History Talk

Glover, Knut Bull and Taniwha: Romanticizing Colonisation

Bellerive Beach Park

10am - 12 noon, 29 March 2025

Tickets $10

Come for a guided walk through Bellerive and Kangaroo Bay as we explore the iconic locations where colonial artists like Glover and Piguenit painted their favourite views of Hobart Town, finishing at the amazing Taniwha installation on Kangaroo Bay. For generations artists have chosen this area of the eastern shore to paint Hobart and kunanyi, come along and find out why.

There’s something about the eastern shore that has attracted artists for a long time. Mostly it’s the view of Hobart but also it’s the ability to step away from the town and get an outsider’s view.

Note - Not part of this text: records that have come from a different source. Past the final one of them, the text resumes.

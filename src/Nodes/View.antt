-- ===== src/Nodes/View.antt =====
-- `DataNodeLayout` and `DataNodeView`
-- (src/blobstore/implementations/onblocks/datanodestore/DataNodeView.h), and the writes of a block that
-- they use (src/blockstore/implementations/low2highlevel/LowToHighLevelBlock.cpp).
use libcryfs.Common.{ℕ, ◌+◌, ◌-◌, ◌*◌, ◌/◌, ◌%◌, ◌^◌, ◌&&◌, leb, length, replicate}
use libcryfs.Common.Equality.{◌==◌, nat_eq}
use libcryfs.Common.Result.{Result, ok, guard, assert_failed, logic_error, ◌>>=◌, ◌>>◌}
use libcryfs.Common.Bytes.{Data, BlockId, block_id_length, encode, decode}
use libcryfs.Common.Memory.{add64, sub64, read_memory, write_memory}

-- A block that is loaded.
pub record Block : Type 0 where
  pub block_id : BlockId
  pub content : Data

-- `LowToHighLevelBlock::write`, with the bytes that are read from `source`.
unfoldable pub write_block : Data → ℕ → Block → Result Block
write_block source offset block = do
  guard
      (leb offset (length block.content)
        && leb (add64 offset (length source)) (length block.content))
      assert_failed
  content ← write_memory block.content offset source
  ok (record block { content = content })

-- `copyTo` and `fillWithZeroes` (src/blockstore/utils/BlockStoreUtils.cpp).
unfoldable pub copy_to : Block → Block → Result Block
copy_to source target = do
  guard (length target.content == length source.content) assert_failed
  write_block source.content 0 target

unfoldable pub fill_with_zeroes : Block → Result Block
fill_with_zeroes target = write_block (replicate (length target.content) 0) 0 target

abbrev pub header_size : ℕ
header_size = 8

abbrev pub format_version_offset : ℕ
format_version_offset = 0

abbrev pub depth_offset : ℕ
depth_offset = 3

abbrev pub size_offset : ℕ
size_offset = 4

-- The block size is kept in 32 bits.
unfoldable pub new_layout : ℕ → Result ℕ
new_layout block_size = do
  guard (leb (header_size + 2 * block_id_length) block_size) logic_error
  ok (block_size % 2 ^ 32)

unfoldable pub data_size : ℕ → ℕ
data_size block_size = (block_size + 2 ^ 32 - header_size) % 2 ^ 32

abbrev pub max_children_per_inner_node : ℕ → ℕ
max_children_per_inner_node block_size = data_size block_size / block_id_length

abbrev pub max_bytes_per_leaf : ℕ → ℕ
max_bytes_per_leaf block_size = data_size block_size

abbrev pub read_uint : ℕ → ℕ → Block → Result ℕ
read_uint bytes offset block = do
  object ← read_memory block.content offset bytes
  ok (decode object)

unfoldable pub format_version : Block → Result ℕ
format_version block = read_uint 2 format_version_offset block

unfoldable pub depth : Block → Result ℕ
depth block = read_uint 1 depth_offset block

unfoldable pub size : Block → Result ℕ
size block = read_uint 4 size_offset block

unfoldable pub set_format_version : ℕ → Block → Result Block
set_format_version value block = write_block (encode 2 value) format_version_offset block

unfoldable pub set_depth : ℕ → Block → Result Block
set_depth value block = write_block (encode 1 value) depth_offset block

unfoldable pub set_size : ℕ → Block → Result Block
set_size value block = write_block (encode 4 value) size_offset block

-- A `memcpy` of `count` bytes from the address `data() + offset`.
unfoldable pub read_data : ℕ → ℕ → Block → Result Data
read_data offset count block = read_memory block.content (header_size + offset) count

unfoldable pub write : Data → ℕ → Block → Result Block
write source offset block = write_block source (add64 offset header_size) block

unfoldable pub layout : Block → Result ℕ
layout block = new_layout (length block.content)

-- `allocated` is the memory of a new `Data` object, whose content is not set.
unfoldable pub serialize_ : Data → ℕ → ℕ → ℕ → ℕ → Data → Result Data
serialize_ allocated block_size version depth_value size_value source = do
  r1 ← write_memory allocated format_version_offset (encode 2 version)
  r2 ← write_memory r1 depth_offset (encode 1 depth_value)
  r3 ← write_memory r2 size_offset (encode 4 size_value)
  r4 ← write_memory r3 header_size source
  write_memory r4 (header_size + length source)
      (replicate (sub64 (data_size block_size) (length source)) 0)

-- `create`: what the block store is given as the content of the new block.
unfoldable pub create : Data → ℕ → ℕ → ℕ → ℕ → Data → Result Data
create allocated block_size version depth_value size_value source = do
  guard (leb (length source) (data_size block_size)) assert_failed
  serialized ← serialize_ allocated block_size version depth_value size_value source
  guard (length serialized == block_size) assert_failed
  ok serialized

-- `initialize`
unfoldable pub initialize : Data → Block → ℕ → ℕ → ℕ → ℕ → Data → Result Block
initialize allocated block block_size version depth_value size_value source = do
  own ← layout block
  guard (leb (length source) (data_size own)) assert_failed
  serialized ← serialize_ allocated block_size version depth_value size_value source
  guard (length serialized == length block.content) assert_failed
  write_block serialized 0 block

-- `overwrite`: what the block store is given.
unfoldable pub overwrite : Data → ℕ → ℕ → ℕ → ℕ → Data → Result Data
overwrite allocated block_size version depth_value size_value source = do
  guard (leb (length source) (data_size block_size)) assert_failed
  serialize_ allocated block_size version depth_value size_value source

That seems to have been what John Glover was wanting to achieve with Mount Wellington and Hobart Town from Kangaroo Point. Thanks to the development of Glover’s viewpoint as a defensive battery – the Bellerive Battery – the location is still accessible and still bears some resemblance to the famous painting.

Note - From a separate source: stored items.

-- ===== src/Blocks.antt =====
-- `LowToHighLevelBlock` and `LowToHighLevelBlockStore`
-- (src/blockstore/implementations/low2highlevel), and what `BlockStore`
-- (src/blockstore/interface/BlockStore.h) adds. An open block is a value: `destroy` is its destructor.
-- Random ids come from the parameter `ids`, of which each creation takes the first.
pub mod Written
use libcryfs.Common.{
  ℕ, ◌≡◌, Bool, true, false, Option, none, some, List, [], ◌∷◌, take, length, replicate, ltb,
  if◌then◌else◌, drop, ◌++◌, ◌-◌,
}
use libcryfs.Common.Result.{Result, ok, err, guard, runtime_error, undefined, ◌>>=◌, ◌>>◌}
use libcryfs.Common.Bytes.{Data, BlockId}
use libcryfs.BlockStore.{BlockStore2}
use libcryfs.Nodes.View.{Block, write_block}

-- `LowToHighLevelBlock`
pub record OpenBlock : Type 0 where
  pub block : Block
  pub data_changed : Bool

abbrev pub open_block : BlockId → Data → OpenBlock
open_block block_id content = record {
  block = record { block_id = block_id; content = content };
  data_changed = false;
}

unfoldable pub write : Data → ℕ → OpenBlock → Result OpenBlock
write source offset b = do
  block ← write_block source offset b.block
  ok (record { block = block; data_changed = true })

-- `DataUtils::resize`
unfoldable pub resize_data : Data → ℕ → Data
resize_data content new_size = take new_size content ++ replicate (new_size - length content) 0

unfoldable pub resize : ℕ → OpenBlock → OpenBlock
resize new_size b = record {
  block = record { block_id = b.block.block_id; content = resize_data b.block.content new_size };
  data_changed = true;
}

module _ (S : BlockStore2) where
  -- `_storeToBaseBlock`
  unfoldable pub store_to_base_block : OpenBlock → S.State → Result (OpenBlock × S.State)
  store_to_base_block b s = elim b.data_changed [
    | false ↦ ok (b, s)
    | true ↦ do
      s' ← S.store b.block.block_id b.block.content s
      ok (record b { data_changed = false }, s')
  ]

  abbrev pub flush : OpenBlock → S.State → Result (OpenBlock × S.State)
  flush = store_to_base_block

  unfoldable pub destroy : OpenBlock → S.State → Result S.State
  destroy b s = do (b', s') ← store_to_base_block b s; ok s'

  unfoldable pub try_create : BlockId → Data → S.State → Result (Option OpenBlock × S.State)
  try_create block_id content s = do
    (success, s') ← S.try_create block_id content s
    ok (if success then some (open_block block_id content) else none, s')

  unfoldable pub overwrite : BlockId → Data → S.State → Result (OpenBlock × S.State)
  overwrite block_id content s = do
    s' ← S.store block_id content s
    ok (open_block block_id content, s')

  unfoldable pub load : BlockId → S.State → Result (Option OpenBlock × S.State)
  load block_id s = do
    (loaded, s') ← S.load block_id s
    ok (elim loaded [ none ↦ none | some content ↦ some (open_block block_id content) ], s')

  unfoldable pub remove : BlockId → S.State → Result S.State
  remove block_id s = do (success, s') ← S.remove block_id s; guard success runtime_error; ok s'

  -- `BlockStore::remove` of an open block.
  unfoldable pub remove_block : OpenBlock → S.State → Result S.State
  remove_block b s = do s' ← destroy b s; remove b.block.block_id s'

  -- The loop of `BlockStore::create`, which ends with the first random id that is free. The loop has
  -- no other end; where `ids` are used up the model has no result.
  unfoldable pub create :
      List BlockId → Data → S.State → Result (OpenBlock × List BlockId × S.State)
  create [] content s = err undefined
  create (block_id ∷ ids) content s = do
    (created, s') ← try_create block_id content s
    elim created [ none ↦ create ids content s' | some b ↦ ok (b, ids, s') ]

  unfoldable pub num_blocks : S.State → ℕ
  num_blocks s = S.num_blocks s

  unfoldable pub for_each_block : S.State → List BlockId
  for_each_block s = S.for_each_block s

unfoldable pub block_size_from_physical_block_size : BlockStore2 → ℕ → ℕ
block_size_from_physical_block_size S block_size = S.block_size_from_physical_block_size block_size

The awful irony with this painting is that Glover painted it between 1831-1833, by which time George Augustus Robinson was on his mission to ‘conciliate’ Aboriginal peoples out of their homeland; Glover’s painting, beautiful as it is, captures the pathos of that moment.

Another artist who liked painting from the eastern shore was Knut Bull, a Norwegian painter who found his way to Tasmania via a conviction for counterfeiting (the crime of choice for artists). He arrived in Tasmania in 1846 and is widely regarded as a pioneer of Australian landscape painting. Coming after the death of Glover, Bull was the only professional landscape painter in Hobart at the time. Bull, like many artists, seems to have had a fascination with kunanyi / Mount Wellington, which he captured beautifully from a vantage point on the Bellerive foreshore.

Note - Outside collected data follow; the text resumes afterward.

-- ===== src/Blocks/Written.antt =====
-- Blocks that `BlockStore::create` (src/blockstore/interface/BlockStore.h) makes over a store without
-- faults.
use libcryfs.Common.{
  ◌≡◌, refl, ◌∙◌, ap, true, false, not, Option, none, some, List, [], ◌∷◌, ◌++◌, All, if◌then◌else◌,
}
use libcryfs.Common.Equality.{◌==◌, bytes_eq}
use libcryfs.Common.Result.{ok}
use libcryfs.Common.Bytes.{Data, BlockId}
use libcryfs.BlockStore.{BlockStore2, IsLawful, is_some, changed}
use libcryfs.Blocks.{open_block, try_create, create}

module _ (S : BlockStore2) where
  create-taken :
      (id : BlockId) (ids : List BlockId) (content : Data) (s t : S.State)
      → S.try_create id content s ≡ ok (false, t)
      → create S (id ∷ ids) content s ≡ create S ids content t
  unfolding create try_create
  create-taken id ids content s t run = rw run refl

  create-new :
      (id : BlockId) (ids : List BlockId) (content : Data) (s t : S.State)
      → S.try_create id content s ≡ ok (true, t)
      → create S (id ∷ ids) content s ≡ ok (open_block id content, ids, t)
  unfolding create try_create
  create-new id ids content s t run = rw run refl

-- A create takes the first of the random ids that is free, whatever the ids in front of it: it
-- returns an open block with that id and the content, sets its content in the store, and keeps all
-- other blocks. The ids in front of it are taken, and the store is without faults.
pub create-first_free :
    {S : BlockStore2} {contents : S.State → BlockId → Option Data}
    → IsLawful S contents
    → (look : BlockId → Option Data) (taken : List BlockId) (id : BlockId) (rest : List BlockId)
      (content : Data) (s : S.State)
    → ((a : BlockId) → contents s a ≡ look a)
    → All (λ b. is_some (look b) ≡ true) taken
    → look id ≡ none
    → (t : S.State) × (create S (taken ++ id ∷ rest) content s
        ≡ ok (open_block id content, rest, t))
      × ((a : BlockId) → contents t a ≡ changed id (some content) look a)
create-first_free {S} {contents} L look [] id rest content s same used free =
    let (t, run, view) = L.try_create_lem id content s in
    let new : is_some (contents s id) ≡ false = rw (same id, free) refl in
    (
      t,
      create-new S id rest content s t (run ∙ ap (λ b. ok (not b, t)) new),
      λ a.
          view a
          ∙ ap (λ b. if b then contents s a else changed id (some content) (contents s) a) new
          ∙ ap (λ old. if a == id then some content else old) (same a),
    )
create-first_free {S} {contents} L look (b ∷ taken) id rest content s same (here, used) free =
    let (t, run, view) = L.try_create_lem b content s in
    let old : is_some (contents s b) ≡ true = ap is_some (same b) ∙ here in
    let (u, more, after) =
      create-first_free L look taken id rest content t
        (λ a.
          view a
          ∙ ap (λ c. if c then contents s a else changed b (some content) (contents s) a) old
          ∙ same a)
        used free in
    (
      u,
      create-taken S b (taken ++ id ∷ rest) content s t (run ∙ ap (λ c. ok (not c, t)) old) ∙ more,
      after,
    )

William Charles (WC) Piguenit was, unlike Bull and Glover, born in Tasmania. Like many artists of the 19th century he began his career as a draftsman, eventually retiring in 1873 to follow his avocation as a painter. Piguenit has left to posterity many views of both urban and natural scenes in Tasmania and New South Wales, in some cases paintings which capture the sublime. Piguenit’s 1910 painting View of Hobart, Mount Wellington from Kangaroo Bay captures the oft admired view with a very modern impressionist touch.

And because it’s currently Ten Days on the Island, we are lucky enough to have the amazing Taniwha Time Machine as the finishing point of our walk, connecting stories of colonized Van Diemen’s Land with memories of another colonized land, Aotearoa.